Field theory- Irreducible polynomial- Field extensions

Question

Let $F$ be a field and $p(x)$ be a monic irreducible polynomial over $F$. Suppose $a$ is a root of $p(x)$ in some extension $K$ of $F$. Then $F(a)$ is isomorphic to $F[x]/\langle p(x)\rangle$

Can someone please explain the proof

Answer 1

First, notice that $F[x]/(p)$ is a field, because $(p)$ is a maximal ideal in $F[x]$ (since $p$ is irreducible).

Well, consider the evaluation map $ev: F[x] \to F(\alpha)$ by evaluating a polynomial at $\alpha$. This map is a ring homomorphism.

To show the kernel is $(p)$: You need to prove that if any other polynomial $g$ vanishes at $\alpha$, then $p$ must divide $g$.

Let $I \subset k[x]$ be the collection of polynomials $g$ which satisfy $g(\alpha) = 0$. Given $f,g \in I$, $f+g \in I$ because $(f+g)(\alpha) = f(\alpha) + g(\alpha) = 0 + 0 = 0$. Likewise, if $f \in I$ and $g \in k[x]$, then $f \dot g \in I$ because $f \dot g (\alpha) = f(\alpha) g(\alpha) = 0 \dot g(A) = 0$. Hence, $I \subset k[x]$ is an ideal.

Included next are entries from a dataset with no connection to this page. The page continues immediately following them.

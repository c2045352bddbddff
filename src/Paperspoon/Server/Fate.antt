-- ===== src/Paperspoon/Server/Fate.antt =====
-- What becomes of a connection, by operations in any order.
use rust_x11_hello.Prelude.{
  ℕ, ◌≡◌, ◌≤◌, refl, arith, List, [], ◌∷◌, Bool, true, false, ◌&&◌, not, Option, none, some,
  if◌then◌else◌, ◌==◌,
}
use rust_x11_hello.Protocol.Frame.{PixelFormat}
use rust_x11_hello.Protocol.Payload.{V2PixelFormats, supports}
use rust_x11_hello.Paperspoon.Server.{
  ActiveConnection, Server, FrameTarget, FrameForward, install, install_for_hello, check_target,
  write_active, forward_active, forward_locked, forward_frame_inner, holds_token,
  set_active_viewport, update_viewport_if_current, clear_if_current,
}

-- What the threads of PaperSpoon do under the lock.
pub data ServerOp : Type 0 where
  hello : (stream : ℕ) (formats : V2PixelFormats) (viewport : ℕ × ℕ) → ServerOp
  resize : (candidate : ℕ) (viewport : ℕ × ℕ) → ServerOp
  clear : (candidate : ℕ) → ServerOp
  forward : (ℕ → Bool) → List ℕ → PixelFormat → Option FrameTarget → ServerOp

unfoldable pub server_step : Server → ServerOp → Server
server_step s (hello stream formats viewport) = (install_for_hello true s stream formats viewport).1
server_step s (resize candidate viewport) = (update_viewport_if_current s candidate viewport).1
server_step s (clear candidate) = (clear_if_current s candidate).1
server_step s (forward writes bytes format target) =
    (forward_frame_inner writes s bytes format target).1

-- The state that `s` becomes, the latest operation first.
unfoldable pub server_after : Server → List ServerOp → Server
server_after s [] = s
server_after s (op ∷ past) = server_step (server_after s past) op

-- A frame is meant for a connection: it has no target, or this one's token and viewport.
abbrev pub is_meant_for : ℕ → ℕ × ℕ → Option FrameTarget → Bool
is_meant_for token viewport none = true
is_meant_for token viewport (some target) =
    (token == target.token)
    && ((viewport.0 == target.viewport.0) && (viewport.1 == target.viewport.1))

-- The viewport of the connection `a` after one more operation, while it is the current one: another
-- Hello, its own end and a write that its socket does not take end it.
unfoldable pub fate_step : ActiveConnection → ServerOp → ℕ × ℕ → Option (ℕ × ℕ)
fate_step a (hello stream formats viewport) v = none
fate_step a (resize candidate viewport) v = if a.token == candidate then some viewport else some v
fate_step a (clear candidate) v = if a.token == candidate then none else some v
fate_step a (forward writes bytes format target) v =
    if is_meant_for a.token v target && (supports a.pixel_formats format && not (writes a.stream))
    then none
    else some v

unfoldable pub fate_next : ActiveConnection → ServerOp → Option (ℕ × ℕ) → Option (ℕ × ℕ)
fate_next a op none = none
fate_next a op (some v) = fate_step a op v

-- The viewport of `a` after operations, the latest one first; `none` once `a` has ended.
unfoldable pub fate : ActiveConnection → ℕ × ℕ → List ServerOp → Option (ℕ × ℕ)
fate a v [] = some v
fate a v (op ∷ past) = fate_next a op (fate a v past)

abbrev pub Follows : ActiveConnection → Option (ℕ × ℕ) → Option ActiveConnection → Type 0
Follows a (some v) active = active ≡ some (record a { viewport = some v })
Follows a none active = holds_token active a.token ≡ false

-- The connection after each operation, from the one before.
pub resize-active :
    (s : Server) (candidate : ℕ) (viewport : ℕ × ℕ)
    → (server_step s (resize candidate viewport)).active
      ≡ (if holds_token s.active candidate then set_active_viewport viewport s.active else s.active)
unfolding server_step update_viewport_if_current
resize-active s candidate viewport = ground arith

pub clear-active :
    (s : Server) (candidate : ℕ)
    → (server_step s (clear candidate)).active
      ≡ (if holds_token s.active candidate then none else s.active)
unfolding server_step clear_if_current
clear-active s candidate = ground arith

-- The connection after a frame
abbrev pub refused_or_sent :
    (ℕ → Bool) → PixelFormat → ActiveConnection → Option FrameForward → Option ActiveConnection
refused_or_sent writes format a (some refused) = some a
refused_or_sent writes format a none =
    if supports a.pixel_formats format && not (writes a.stream) then none else some a

abbrev pub forwarded :
    (ℕ → Bool)
    → PixelFormat
    → Option FrameTarget
    → Option ActiveConnection
    → Option ActiveConnection
forwarded writes format target none = none
forwarded writes format target (some a) = refused_or_sent writes format a (check_target a target)

forward_active-active :
    (writes : ℕ → Bool) (s : Server) (a : ActiveConnection) (bytes : List ℕ) (format : PixelFormat)
    (o : Option FrameForward)
    → s.active ≡ some a
    → ((forward_active writes s a bytes format o).1.active ≡ refused_or_sent writes format a o)
      × ((forward_active writes s a bytes format o).1.next_token ≡ s.next_token)
unfolding forward_active write_active
forward_active-active writes s a bytes format (some refused) e = (e, refl)
forward_active-active writes s a bytes format none e = ground (arith, e)

forward_locked-active :
    (writes : ℕ → Bool) (s : Server) (bytes : List ℕ) (format : PixelFormat)
    (target : Option FrameTarget) (o : Option ActiveConnection)
    → s.active ≡ o
    → ((forward_locked writes s bytes format target o).1.active ≡ forwarded writes format target o)
      × ((forward_locked writes s bytes format target o).1.next_token ≡ s.next_token)
unfolding forward_locked
forward_locked-active writes s bytes format target none e = (e, refl)
forward_locked-active writes s bytes format target (some a) e =
    forward_active-active writes s a bytes format (check_target a target) e

pub forward-active :
    (s : Server) (writes : ℕ → Bool) (bytes : List ℕ) (format : PixelFormat)
    (target : Option FrameTarget)
    → ((server_step s (forward writes bytes format target)).active
        ≡ forwarded writes format target s.active)
      × ((server_step s (forward writes bytes format target)).next_token ≡ s.next_token)
unfolding server_step forward_frame_inner
forward-active s writes bytes format target =
    forward_locked-active writes s bytes format target s.active refl

pub server_step-next : (s : Server) (op : ServerOp) → s.next_token ≤ (server_step s op).next_token
unfolding server_step install_for_hello install update_viewport_if_current clear_if_current
server_step-next s (hello stream formats viewport) = omega arith
server_step-next s (resize candidate viewport) = ground arith
server_step-next s (clear candidate) = ground arith
server_step-next s (forward writes bytes format target) =
    omega (arith, (forward-active s writes bytes format target).1)

pub server_after-next :
    (s : Server) (ops : List ServerOp) → s.next_token ≤ (server_after s ops).next_token
unfolding server_after
server_after-next s [] = omega arith
server_after-next s (op ∷ past) =
    omega (arith, server_after-next s past, server_step-next (server_after s past) op)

Since $k[x]$ is a PID, there exists a $p \in k[x]$ such that $I = (p)$. Thus, $p$ divides $g$ for every $g \in I$. But, the $p$ which I have found and the $p$ which you have written must be the same upto scaling by units since $p$ is irreducible! monicity guarantees a unique choice (so removes the ``upto scaling part'')

The evaluation map is clearly surjective.

Thus, the evaluation map is an isomorphism.